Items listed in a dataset
• • • • •

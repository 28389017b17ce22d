-- ===== src/LockFree/Relocate.antt =====
-- `help_relocate` and `relocate`. The loops that retry run on `fuel`, the rounds that they may take.
use lock_free_cuckoo_filter.Prelude.{
  ℕ, zero, suc, ◌+◌, ◌-◌, Bool, true, false, not, ◌&&◌, Option, none, some, List, get_or, set,
  replicate, ltb, ◌==◌, if◌then◌else◌,
}
use lock_free_cuckoo_filter.Common.{num_max_kicks}
use lock_free_cuckoo_filter.Hash.{jenkins_hash}
use lock_free_cuckoo_filter.Index.{next_index}
use lock_free_cuckoo_filter.Pointer.{
  TablePointer, get_counter, get_real_pointer, get_marked, get_new_mark, create_pointer,
}
use lock_free_cuckoo_filter.Table.{Fingerprint}
use lock_free_cuckoo_filter.LockFree.Program.{
  Program, done, out_of_fuel, ◌>>=◌, ◌>>◌, read_slot, compare_and_swap, entry_str, or_abort,
  mark_hazard, clear_hazard,
}

unfoldable pub get_next_hash_index : ℕ → ℕ → Fingerprint → ℕ
unfolding next_index jenkins_hash
get_next_hash_index table_size curr_idx fingerprint =
    next_index table_size curr_idx (jenkins_hash fingerprint)

-- What the path discovery leaves: the local variables `found`, `depth`, `route` and `table_idx`.
pub record Discovery : Type 0 where
  pub found : Bool
  pub depth : ℕ
  pub route : List ℕ
  pub table_idx : ℕ

module _ (n tid : ℕ) where
  -- The initiator's inner loop: mark the slot. `none` is the return on an empty slot.
  unfoldable pub mark_source : ℕ → ℕ → ℕ → Bool → TablePointer → Program (Option TablePointer)
  unfolding mark_hazard
  mark_source zero b i initiator ptr1 = out_of_fuel
  mark_source (suc fuel) b i initiator ptr1 =
      let again = (do
        _ ← compare_and_swap b i ptr1 (get_new_mark ptr1 true)
        next ← read_slot b i
        mark_hazard (get_real_pointer next) 0 tid
        mark_source fuel b i initiator next) in
      if initiator && not (get_marked ptr1)
      then if get_real_pointer ptr1 == 0 then done none else again
      else done (some ptr1)

  -- The end of a round, where the item was not moved by this thread.
  unfoldable pub give_up : ℕ → ℕ → TablePointer → TablePointer → Program (Unit {0})
  give_up new_hash i ptr1 ptr2 =
      if get_real_pointer ptr1 == get_real_pointer ptr2
      then (do
        w ← or_abort (create_pointer (get_counter ptr1 + 1) 0 false)
        _ ← compare_and_swap new_hash i ptr1 w
        done tt)
      else (do
        w ← or_abort (create_pointer (get_counter ptr1 + 1) (get_real_pointer ptr1) true)
        _ ← compare_and_swap new_hash i ptr1 w
        done tt)

  -- The move into an empty destination, and the clearing of the source.
  unfoldable pub move_item : ℕ → ℕ → ℕ → TablePointer → TablePointer → Program (Unit {0})
  unfolding give_up
  move_item b new_hash i ptr1 ptr2 =
      let counter1 = get_counter ptr1 in
      let counter2 = get_counter ptr2 in
      let n_count = (if ltb counter2 counter1 then counter1 + 1 else counter2 + 1) in
      do
        w ← or_abort (create_pointer n_count (get_real_pointer ptr1) false)
        swapped ← compare_and_swap new_hash i ptr2 w
        (if swapped
            then (do
              cleared ← or_abort (create_pointer (counter1 + 1) 0 false)
              _ ← compare_and_swap b i ptr1 cleared
              done tt)
            else give_up new_hash i ptr1 ptr2)

  -- The round of `help_relocate` after the inner loop; `again` is the loop's next round.
  unfoldable pub relocate_marked :
      Program (Unit {0}) → ℕ → ℕ → Option TablePointer → Program (Unit {0})
  unfolding move_item give_up get_next_hash_index mark_hazard
  relocate_marked again b i none = done tt
  relocate_marked again b i (some ptr1) = if not (get_marked ptr1) then done tt else (do
    str ← entry_str (get_real_pointer ptr1)
    let new_hash = get_next_hash_index n b str
    ptr2 ← read_slot new_hash i
    mark_hazard (get_real_pointer ptr2) 1 tid
    (if get_real_pointer ptr2 == 0
        then (do
          now ← read_slot b i
          (if not (ptr1 == now) then again else move_item b new_hash i ptr1 ptr2))
        else give_up new_hash i ptr1 ptr2))

  unfoldable pub help_rounds : ℕ → ℕ → ℕ → Bool → Program (Unit {0})
  unfolding mark_source relocate_marked mark_hazard
  help_rounds zero b i initiator = out_of_fuel
  help_rounds (suc fuel) b i initiator =
      let again = help_rounds fuel b i initiator in
      do
        first ← read_slot b i
        mark_hazard (get_real_pointer first) 0 tid
        source ← mark_source (suc fuel) b i initiator first
        relocate_marked again b i source

  unfoldable pub help_relocate : ℕ → ℕ → ℕ → Bool → Program (Unit {0})
  unfolding clear_hazard help_rounds
  help_relocate fuel table_idx slot_idx initiator =
      clear_hazard tid >> help_rounds fuel table_idx slot_idx initiator

  -- `while (get_marked(ptr1))` of the path discovery
  unfoldable pub help_until_unmarked : ℕ → ℕ → ℕ → TablePointer → Program TablePointer
  unfolding help_relocate
  help_until_unmarked zero b i ptr1 = out_of_fuel
  help_until_unmarked (suc fuel) b i ptr1 =
      let again = (do
        help_relocate (suc fuel) b i false
        next ← read_slot b i
        help_until_unmarked fuel b i next) in
      if get_marked ptr1 then again else done ptr1

  -- The `do` loop of the path discovery, with the rounds that are left.
  unfoldable pub discover :
      ℕ → (slot_idx left depth : ℕ) → List ℕ → (table_idx : ℕ) → Program Discovery
  unfolding help_until_unmarked mark_hazard get_next_hash_index
  discover fuel slot_idx zero depth route table_idx =
      done (record { found = false; depth = depth; route = route; table_idx = table_idx })
  discover fuel slot_idx (suc left) depth route table_idx = do
    first ← read_slot table_idx slot_idx
    mark_hazard (get_real_pointer first) 0 tid
    ptr1 ← help_until_unmarked fuel table_idx slot_idx first
    (if not (get_real_pointer ptr1 == 0)
        then (do
          str ← entry_str (get_real_pointer ptr1)
          discover fuel slot_idx left (depth + 1) (set route depth table_idx)
              (get_next_hash_index n table_idx str))
        else done (record { found = true; depth = depth; route = route; table_idx = table_idx }))

  -- The help that a marked source is given once before the traversal moves it
  unfoldable pub help_source : ℕ → ℕ → ℕ → TablePointer → Program TablePointer
  unfolding help_relocate
  help_source fuel source_idx slot_idx source_ptr =
      if get_marked source_ptr
      then (do help_relocate fuel source_idx slot_idx false; read_slot source_idx slot_idx)
      else done source_ptr

  -- The traversal of the path in reverse order, with `left` rounds to go: the loop's `i` is
  -- `left - 1`, and `last` is `depth` after its decrement. `some level` is the jump back to the path
  -- discovery with that start level.
  unfoldable pub move_back : ℕ → (slot_idx left last : ℕ) → List ℕ → Program (Option ℕ)
  unfolding help_source help_relocate mark_hazard get_next_hash_index
  move_back fuel slot_idx zero last route = done none
  move_back fuel slot_idx (suc left) last route =
      let source_idx = get_or route last 0 in
      do
        first ← read_slot source_idx slot_idx
        source_ptr ← help_source fuel source_idx slot_idx first
        (if get_real_pointer source_ptr == 0 then move_back fuel slot_idx left last route else (do
          str ← entry_str (get_real_pointer source_ptr)
          let dest_idx = get_next_hash_index n source_idx str
          dest_ptr ← read_slot dest_idx slot_idx
          mark_hazard (get_real_pointer dest_ptr) 1 tid
          (if not (get_real_pointer dest_ptr == 0) then done (some (left + 1)) else (do
            help_relocate fuel source_idx slot_idx true
            move_back fuel slot_idx left last route))))

  -- The function from the label `path_discovery` on. A path of length `depth` is traversed from its
  -- last place, `depth - 1`; a path of length 0 needs no move.
  unfoldable pub path_discovery : ℕ → (table_idx slot_idx start_level : ℕ) → Program Bool
  unfolding discover move_back
  path_discovery zero table_idx slot_idx start_level = out_of_fuel
  path_discovery (suc fuel) table_idx slot_idx start_level = do
    path ←
        discover (suc fuel) slot_idx (num_max_kicks - start_level) start_level
          (replicate num_max_kicks 0) table_idx
    (if path.found
        then (do
          jump ← move_back (suc fuel) slot_idx path.depth (path.depth - 1) path.route
          elim jump [
            | none ↦ done true
            | some level ↦ path_discovery fuel path.table_idx slot_idx level
          ])
        else done false)

  unfoldable pub relocate : ℕ → ℕ → ℕ → Program Bool
  unfolding path_discovery
  relocate fuel table_idx slot_idx = path_discovery fuel table_idx slot_idx 0
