-- ===== src/LockFree/Methods.antt =====
-- `insert`, `find` and `remove`. The loops that retry run on `fuel`. The verbose output is left out.
use lock_free_cuckoo_filter.Prelude.{
  ℕ, zero, suc, ◌+◌, ◌*◌, ◌%◌, Bool, true, false, not, ◌&&◌, ◌||◌, Option, none, some, List, [],
  ◌∷◌, ltb, leb, ◌==◌, str_eq, if◌then◌else◌,
}
use lock_free_cuckoo_filter.Common.{num_items_per_entry}
use lock_free_cuckoo_filter.Hash.{Digest, jenkins_hash, md5_fingerprint}
use lock_free_cuckoo_filter.Pointer.{
  TablePointer, get_counter, get_real_pointer, get_marked, create_pointer,
}
use lock_free_cuckoo_filter.Table.{Fingerprint}
use lock_free_cuckoo_filter.LockFree.Program.{
  Address, Program, done, out_of_fuel, ◌>>=◌, ◌>>◌, read_slot, compare_and_swap, entry_str,
  new_entry, or_abort, mark_hazard, clear_hazard, retire_key,
}
use lock_free_cuckoo_filter.LockFree.Relocate.{get_next_hash_index, help_relocate, relocate}

-- `ts1x - ts1 >= 2` and so on, on `int`s that hold counters
unfoldable pub check_counter : ℕ → ℕ → ℕ → ℕ → Bool
check_counter ts1 ts2 ts1x ts2x = leb (ts1 + 2) ts1x && (leb (ts2 + 2) ts2x && leb (ts1 + 3) ts2x)

-- How one attempt of `insert` ended: the item was stored, an empty slot was seen but lost to another
-- thread, or no slot was empty.
pub data Attempt : Type 0 where
  stored lost full : Attempt

-- One slot of the loop: `none` if it is taken, and otherwise whether the swap succeeded.
unfoldable pub try_slot : Address → ℕ → ℕ → Program (Option Bool)
try_slot entry b i = do
  ptr1 ← read_slot b i
  (if get_real_pointer ptr1 == 0
      then (do
        w ← or_abort (create_pointer (get_counter ptr1) entry false)
        swapped ← compare_and_swap b i ptr1 w
        done (some swapped))
      else done none)

-- The swap succeeded.
abbrev pub swapped : Option Bool → Bool
swapped (some true) = true
swapped _ = false

abbrev pub is_some : Option Bool → Bool
is_some none = false
is_some (some b) = true

-- The loop over the slots, with the rounds that are left; `found_empty` is the local variable.
unfoldable pub try_slots : Address → (hash1 hash2 left i : ℕ) → Bool → Program Attempt
unfolding try_slot
try_slots entry hash1 hash2 zero i found_empty = done (if found_empty then lost else full)
try_slots entry hash1 hash2 (suc left) i found_empty = do
  first ← try_slot entry hash1 i
  (if swapped first then done stored else (do
    other ← try_slot entry hash2 i
    (if swapped other
        then done stored
        else try_slots entry hash1 hash2 left (i + 1)
            (found_empty || (is_some first || is_some other)))))

-- How `insert` goes on after an attempt: `again` is its next round, and `kicks` tries to relocate.
unfoldable pub continue_insert : Program Bool → Program Bool → Attempt → Program Bool
continue_insert again kicks stored = done true
continue_insert again kicks lost = again
continue_insert again kicks full = do relocated ← kicks; (if relocated then again else done false)

-- What the search of one bucket's slot says: the item is there, a marked item was helped, or neither.
pub data Look : Type 0 where
  hit helped miss : Look

-- How `find` goes on after its look at the second bucket: a miss is checked by the counters.
unfoldable pub continue_second :
    Program (Option (ℕ × TablePointer))
    → (hash1 hash2 slot : ℕ) → (ptr1 ptr2 : TablePointer) → Look
    → Program (Option (ℕ × TablePointer))
unfolding check_counter
continue_second again hash1 hash2 slot ptr1 ptr2 hit =
    done (some (slot + num_items_per_entry, ptr2))
continue_second again hash1 hash2 slot ptr1 ptr2 helped = again
continue_second again hash1 hash2 slot ptr1 ptr2 miss = do
  word1 ← read_slot hash1 slot
  word2 ← read_slot hash2 slot
  (if check_counter (get_counter ptr1) (get_counter ptr2) (get_counter word1) (get_counter word2)
      then again
      else done none)

-- How `find` goes on after a slot; `next` is its loop from the next slot on.
unfoldable pub continue_find :
    Program (ℕ × TablePointer) → Option (ℕ × TablePointer) → Program (ℕ × TablePointer)
continue_find next none = next
continue_find next (some result) = done result

module _ (n tid : ℕ) where
  -- The loop over `try_kick_order`, up to the first relocation that succeeds.
  unfoldable pub try_kicks : ℕ → ℕ → List ℕ → Program Bool
  unfolding relocate
  try_kicks fuel hash1 [] = done false
  try_kicks fuel hash1 (kick_slot ∷ order) = do
    relocated ← relocate n tid fuel hash1 kick_slot
    (if relocated then done true else try_kicks fuel hash1 order)

  -- The outer loop of `insert`. `orders r` is what `std::shuffle` makes of the four slots in round
  -- `r`.
  unfoldable pub insert_rounds :
      ℕ → (ℕ → List ℕ) → (round : ℕ) → Address → (hash1 hash2 : ℕ) → Program Bool
  unfolding try_slots try_kicks continue_insert
  insert_rounds zero orders round entry hash1 hash2 = out_of_fuel
  insert_rounds (suc fuel) orders round entry hash1 hash2 =
      let again = insert_rounds fuel orders (round + 1) entry hash1 hash2 in
      try_slots entry hash1 hash2 num_items_per_entry 0 false
      >>= continue_insert again (try_kicks (suc fuel) hash1 (orders round))

  unfoldable pub insert : ℕ → Digest → (ℕ → List ℕ) → List ℕ → Program Bool
  unfolding clear_hazard insert_rounds get_next_hash_index md5_fingerprint jenkins_hash
  insert fuel d orders key = do
    clear_hazard tid
    let fingerprint = md5_fingerprint d key
    entry ← new_entry fingerprint
    let hash1 = jenkins_hash key % n
    let hash2 = get_next_hash_index n hash1 fingerprint
    insert_rounds fuel orders 0 entry hash1 hash2

  unfoldable pub look_at : ℕ → Fingerprint → ℕ → ℕ → TablePointer → Program Look
  unfolding help_relocate
  look_at fuel fingerprint b slot ptr =
      if not (get_real_pointer ptr == 0)
      then if get_marked ptr then (do help_relocate n tid fuel b slot false; done helped) else (do
        str ← entry_str (get_real_pointer ptr)
        done (if str_eq fingerprint str then hit else miss))
      else done miss

  -- How `find` goes on after its look at the first bucket; `again` is its next round.
  unfoldable pub continue_first :
      ℕ
      → Fingerprint
      → Program (Option (ℕ × TablePointer))
      → (hash1 hash2 slot : ℕ) → TablePointer
      → Look
      → Program (Option (ℕ × TablePointer))
  unfolding look_at mark_hazard continue_second
  continue_first fuel fingerprint again hash1 hash2 slot ptr1 hit = done (some (slot, ptr1))
  continue_first fuel fingerprint again hash1 hash2 slot ptr1 helped = again
  continue_first fuel fingerprint again hash1 hash2 slot ptr1 miss = do
    ptr2 ← read_slot hash2 slot
    mark_hazard (get_real_pointer ptr2) 1 tid
    second ← look_at fuel fingerprint hash2 slot ptr2
    continue_second again hash1 hash2 slot ptr1 ptr2 second

  -- The inner loop of `find` at one slot. `none` is its `break`.
  unfoldable pub find_slot :
      ℕ → Fingerprint → (hash1 hash2 slot : ℕ) → Program (Option (ℕ × TablePointer))
  unfolding look_at mark_hazard continue_first
  find_slot zero fingerprint hash1 hash2 slot = out_of_fuel
  find_slot (suc fuel) fingerprint hash1 hash2 slot =
      let again = find_slot fuel fingerprint hash1 hash2 slot in
      do
        ptr1 ← read_slot hash1 slot
        mark_hazard (get_real_pointer ptr1) 0 tid
        first ← look_at (suc fuel) fingerprint hash1 slot ptr1
        continue_first (suc fuel) fingerprint again hash1 hash2 slot ptr1 first

  -- The loop over the slots, with the rounds that are left.
  unfoldable pub find_slots :
      ℕ → Fingerprint → (hash1 hash2 left slot : ℕ) → TablePointer → Program (ℕ × TablePointer)
  unfolding find_slot continue_find
  find_slots fuel fingerprint hash1 hash2 zero slot pointer =
      done (num_items_per_entry * 2, pointer)
  find_slots fuel fingerprint hash1 hash2 (suc left) slot pointer =
      find_slot fuel fingerprint hash1 hash2 slot
      >>= continue_find (find_slots fuel fingerprint hash1 hash2 left (slot + 1) pointer)

  -- `find` with its reference parameter `pointer`, which is written only if the key is found
  unfoldable pub find_pointer : ℕ → Digest → List ℕ → TablePointer → Program (ℕ × TablePointer)
  unfolding clear_hazard find_slots get_next_hash_index md5_fingerprint jenkins_hash
  find_pointer fuel d key pointer = do
    clear_hazard tid
    let fingerprint = md5_fingerprint d key
    let hash1 = jenkins_hash key % n
    let hash2 = get_next_hash_index n hash1 fingerprint
    find_slots fuel fingerprint hash1 hash2 num_items_per_entry 0 pointer

  unfoldable pub find : ℕ → Digest → List ℕ → Program ℕ
  unfolding find_pointer
  find fuel d key = do (location, place_holder) ← find_pointer fuel d key 0; done location

  -- The loop of `remove`
  unfoldable pub remove_rounds :
      ℕ → ℕ → Digest → List ℕ → (hash1 hash2 : ℕ) → TablePointer → Program Bool
  unfolding find_pointer retire_key
  remove_rounds zero fuel d key hash1 hash2 ptr = out_of_fuel
  remove_rounds (suc rounds) fuel d key hash1 hash2 ptr = do
    (location, ptr1) ← find_pointer fuel d key ptr
    (if location == num_items_per_entry * 2 then done false else (do
      let hash_val = (if ltb location num_items_per_entry then hash1 else hash2)
      w ← or_abort (create_pointer (get_counter ptr1) 0 false)
      swapped ← compare_and_swap hash_val (location % num_items_per_entry) ptr1 w
      (if swapped
          then (do retire_key (get_real_pointer ptr1) tid; done true)
          else remove_rounds rounds fuel d key hash1 hash2 ptr1)))

  unfoldable pub remove : ℕ → Digest → List ℕ → Program Bool
  unfolding clear_hazard remove_rounds get_next_hash_index md5_fingerprint jenkins_hash
  remove fuel d key = do
    clear_hazard tid
    let fingerprint = md5_fingerprint d key
    let hash1 = jenkins_hash key % n
    let hash2 = get_next_hash_index n hash1 fingerprint
    remove_rounds fuel fuel d key hash1 hash2 0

• • • • •

-- What is needed --
Return only the number of lines in the records above that include the string "Common".

-- Problem solution --
2